■ Exercise instructions
Given the records below, pull every line with the word "payload" into the answer.

───── Information provided ─────

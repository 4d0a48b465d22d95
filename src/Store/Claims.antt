-- ===== src/Store/Claims.antt =====
-- The idempotency of a command: what the claim of a request id (app/db/repositories.py) and the
-- two tests that follow it make of the transaction.
use cat_game_backend.Base.{
  Option, ℕ, ◌+◌, String, ◌≡◌, refl, ◌∙◌, none, some, ◌⊎◌, inl, inr, arith, Option-cases, ℤ,
  ==_refl,
}
use text.Mathlib.TextPositions.{eq_refl}
use cat_game_backend.Core.Error.{ok, err, idempotency_conflict}
use cat_game_backend.Store.Rows.{
  GachaExecution, ResultData, ClaimStatus, acquired, completed, hash_conflict, execution_row,
}
use cat_game_backend.Store.Table.{find, put, insert_row, find-insert_row, find-put, find-holds}
use cat_game_backend.Store.Session.{Db, Session, Tx, begin, ◌>>=◌}
use cat_game_backend.Store.Inversion.{replay_or-ok}
use cat_game_backend.Store.Executions.{claim, replay_or, claim_status, new_execution, has_request}

-- A session that has committed nothing and holds no object back.
abbrev pub opened : Db → Db → Session
opened committed db = record (begin committed) { db = db }

-- The request's row after `complete`.
abbrev pub settled : GachaExecution → ℤ → ResultData → GachaExecution
settled e cost r = record e { balance_cost = cost; result_data = some r; status = completed }

module _ (user_id request_id : ℕ) (request_hash operation_type : String) where
  -- The row, its status and the tables that the claim leaves.
  unfoldable pub claimed_execution : Db → GachaExecution
  claimed_execution db = elim (find (has_request request_id) db.executions) [
    | none ↦ new_execution user_id request_id request_hash operation_type db
    | some e ↦ e
  ]

  unfoldable pub claimed_status : Db → ClaimStatus
  claimed_status db = elim (find (has_request request_id) db.executions) [
    | none ↦ acquired
    | some e ↦ claim_status e user_id request_hash
  ]

  unfoldable pub claimed_db : Db → Db
  claimed_db db = elim (find (has_request request_id) db.executions) [
    | none ↦ record db {
      executions =
          insert_row (new_execution user_id request_id request_hash operation_type db)
            db.executions;
      next_id = db.next_id + 1;
    }
    | some e ↦ db
  ]

  claim_lem :
      (db : Db)
      → claim user_id request_id request_hash operation_type (begin db) ≡ (
        ok (record { status = claimed_status db; execution = claimed_execution db }),
        opened db (claimed_db db),
      )
  unfolding claim claimed_execution claimed_status claimed_db
  claim_lem db = elim (Option-cases (find (has_request request_id) db.executions)) [
    | inl absent ↦ rw (absent, claimed_status, claimed_execution, claimed_db)
    | inr (e, present) ↦ rw (present, claimed_status, claimed_execution, claimed_db)
  ]

  -- The request was completed by this user with this payload, and its stored result is `r`.
  pub record Settles (r : ResultData) (db : Db) : Type 0 where
    pub row : GachaExecution
    pub found : find (has_request request_id) db.executions ≡ some row
    pub done : claim_status row user_id request_hash ≡ completed
    pub result : row.result_data ≡ some r

  Settles-of_completed :
      (db : Db) (r : ResultData)
      → claimed_status db ≡ completed
      → (claimed_execution db).result_data ≡ some r
      → Settles r db
  unfolding claimed_status claimed_execution
  Settles-of_completed db r h k =
      elim (Option-cases (find (has_request request_id) db.executions)) [
        | inl absent ↦ ground arith
        | inr (e, present) ↦ record {
          row = e;
          found = present;
          done = ground arith;
          result = ground arith;
        }
      ]

  abbrev pub claim_or_replay : (GachaExecution → Tx ResultData) → Tx ResultData
  claim_or_replay fresh = do
    c ← claim user_id request_id request_hash operation_type
    replay_or c (fresh c.execution)

  pub claim_or_replay-ok :
      (fresh : GachaExecution → Tx ResultData) (db : Db) (r : ResultData) (s' : Session)
      → claim_or_replay fresh (begin db) ≡ (ok r, s')
      → (Settles r db × (s'.committed ≡ db))
        ⊎ ((claimed_status db ≡ acquired)
            × (fresh (claimed_execution db) (opened db (claimed_db db)) ≡ (ok r, s')))
  unfolding ◌>>=◌ replay_or
  claim_or_replay-ok fresh db r s' h =
      elim (replay_or-ok (record { status = claimed_status db; execution = claimed_execution db })
        (fresh (claimed_execution db)) (opened db (claimed_db db)) s' r (rw claim_lem at h)) [
          | inl (done, result, same) ↦
              inl (Settles-of_completed db r done result, λ i. (same i).committed)
          | inr (fresh_claim, ran) ↦ inr (fresh_claim, ran)
        ]

  -- A settled request is answered with its result, and nothing changes.
  pub claim_or_replay_settled :
      (fresh : GachaExecution → Tx ResultData) (db : Db) (r : ResultData)
      → Settles r db
      → claim_or_replay fresh (begin db) ≡ (ok r, begin db)
  unfolding ◌>>=◌ claim replay_or
  claim_or_replay_settled fresh db r h = rw (h.found, h.done, h.result)

  -- A row of another user, or of another payload, is a conflict.
  pub claim_or_replay_conflict :
      (fresh : GachaExecution → Tx ResultData) (db : Db) (e : GachaExecution)
      → find (has_request request_id) db.executions ≡ some e
      → claim_status e user_id request_hash ≡ hash_conflict
      → claim_or_replay fresh (begin db) ≡ (err idempotency_conflict, begin db)
  unfolding ◌>>=◌ claim replay_or
  claim_or_replay_conflict fresh db e found differs = rw (found, differs)

  -- A fresh command that ends with `complete` settles its request.
  pub Settles-settled_counted :
      (db db' : Db) (count : Option ℤ) (cost : ℤ) (r : ResultData)
      → claimed_status db ≡ acquired
      → db'.executions
        ≡ put
            (settled (record (claimed_execution db) { draw_count = count }) cost r)
            (claimed_db db).executions
      → Settles r db'
  unfolding claimed_status claimed_execution claimed_db claim_status new_execution
  Settles-settled_counted db db' count cost r h e =
      let fresh = new_execution user_id request_id request_hash operation_type db in
      elim (Option-cases (find (has_request request_id) db.executions)) [
        | inl absent ↦ record {
          row = settled (record fresh { draw_count = count }) cost r;
          found =
              rw (e, absent, claimed_db, claimed_execution)
                (find-put (has_request request_id) fresh
                  (settled (record fresh { draw_count = count }) cost r)
                  (insert_row fresh db.executions)
                  (find-insert_row (has_request request_id) fresh db.executions absent
                    ∙ rw (==_refl request_id) refl)
                  refl (==_refl request_id));
          done = rw (==_refl user_id, eq_refl request_hash);
          result = refl;
        }
        | inr (x, present) ↦ record {
          row = settled (record x { draw_count = count }) cost r;
          found =
              rw (e, present, claimed_db, claimed_execution)
                (find-put (has_request request_id) x
                  (settled (record x { draw_count = count }) cost r) db.executions present refl
                  (find-holds (has_request request_id) x db.executions present));
          done = ground arith;
          result = refl;
        }
      ]

  pub Settles-settled :
      (db db' : Db) (cost : ℤ) (r : ResultData)
      → claimed_status db ≡ acquired
      → db'.executions ≡ put (settled (claimed_execution db) cost r) (claimed_db db).executions
      → Settles r db'
  Settles-settled db db' cost r h e =
      Settles-settled_counted db db' (claimed_execution db).draw_count cost r h e

  -- A claim touches no table but the executions.
  pub claimed_db_rest :
      (db : Db)
      → ((claimed_db db).users ≡ db.users)
        × ((claimed_db db).items ≡ db.items)
        × ((claimed_db db).cats ≡ db.cats)
        × ((claimed_db db).assets ≡ db.assets)
  unfolding claimed_db
  claimed_db_rest db = elim (Option-cases (find (has_request request_id) db.executions)) [
    | inl absent ↦ rw (absent, claimed_db) (refl, refl, refl, refl)
    | inr (e, present) ↦ rw (present, claimed_db) (refl, refl, refl, refl)
  ]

─────

■ Exercise solution
  -- The request was completed by this user with this payload, and its stored result is `r`.
  -- A row of another user, or of another payload, is a conflict.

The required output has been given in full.